When our child acts mischievously, we can empathize if we remember how we too were restless at that age. Still, if they start doing something dangerous, we would show zero tolerance. By being lax, we might end up doing violence to them.

The Bhagavad-gita (06.34) deems the mind restless, a describer often used for children. In dealing with such a mind, our intelligence has to become like a mature parent and treat it with empathy but not laxity.

While managing the mind, we need maturity. Just as we can’t expect the child to give up restlessness overnight, we can’t expect the mind to change its ways overnight. Whenever and wherever the mind wanders, the Gita (06.26) urges us to restrain it and re-focus it on spiritual reality. By thus acknowledging that the mind of even spiritual seekers will wander, this verse cautions us to not expect unrealistically that it will stop wandering immediately or completely.

Simultaneously, we need to avoid laxity, lest we give the mind free rein for its sinful, self-destructive fantasizing. As the thought is the ancestor to the deed, best to stringently restrain such dangerous mental wandering.

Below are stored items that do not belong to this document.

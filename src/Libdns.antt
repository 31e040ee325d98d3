-- ===== src/Libdns.antt =====
-- The provider over a libdns client (pkg/provider/libdns/libdns.go). A client answers by all that
-- was called before; the calls are listed the last one first. Durations are in nanoseconds.
pub mod Names
pub mod Provider
pub mod Rounds
pub mod Synced
use k8s_dns_manager.Prelude.{ℕ, Option, List, Text, Error, Result}

-- libdns.Record
pub record LibRecord : Type 0 where
  pub id : Text
  pub rtype : Text
  pub name : Text
  pub value : Text
  pub ttl : ℕ

pub data ClientCall : Type 0 where
  get_records : Text → ClientCall
  append_records : Text → LibRecord → ClientCall
  delete_records : Text → LibRecord → ClientCall

-- The interface `Client`. GetRecords may return records beside an error; the records that
-- DeleteRecords returns are not used.
pub record Client : Type 0 where
  pub on_get : List ClientCall → Text → List LibRecord × Option Error
  pub on_append : List ClientCall → Text → LibRecord → Result (List LibRecord)
  pub on_delete : List ClientCall → Text → LibRecord → Option Error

With maturity and without laxity, we need to diligently keep the mind within an acceptable perimeter of thought. By not expecting overnight changes while not allowing dangerous flights, we can keep the mind under regulation and engage it in purification through the practice of bhakti-yoga.

When we thus focus it consistently on the highest spiritual reality, Krishna, it gradually grows up. For the mind, growing up means accepting the twin truths that its restlessness doesn’t lead to anything really enjoyable and that calmly focusing on Krishna provides far greater fulfillment. When the mind thus matures, the Gita (06.06) indicates that it becomes our friend.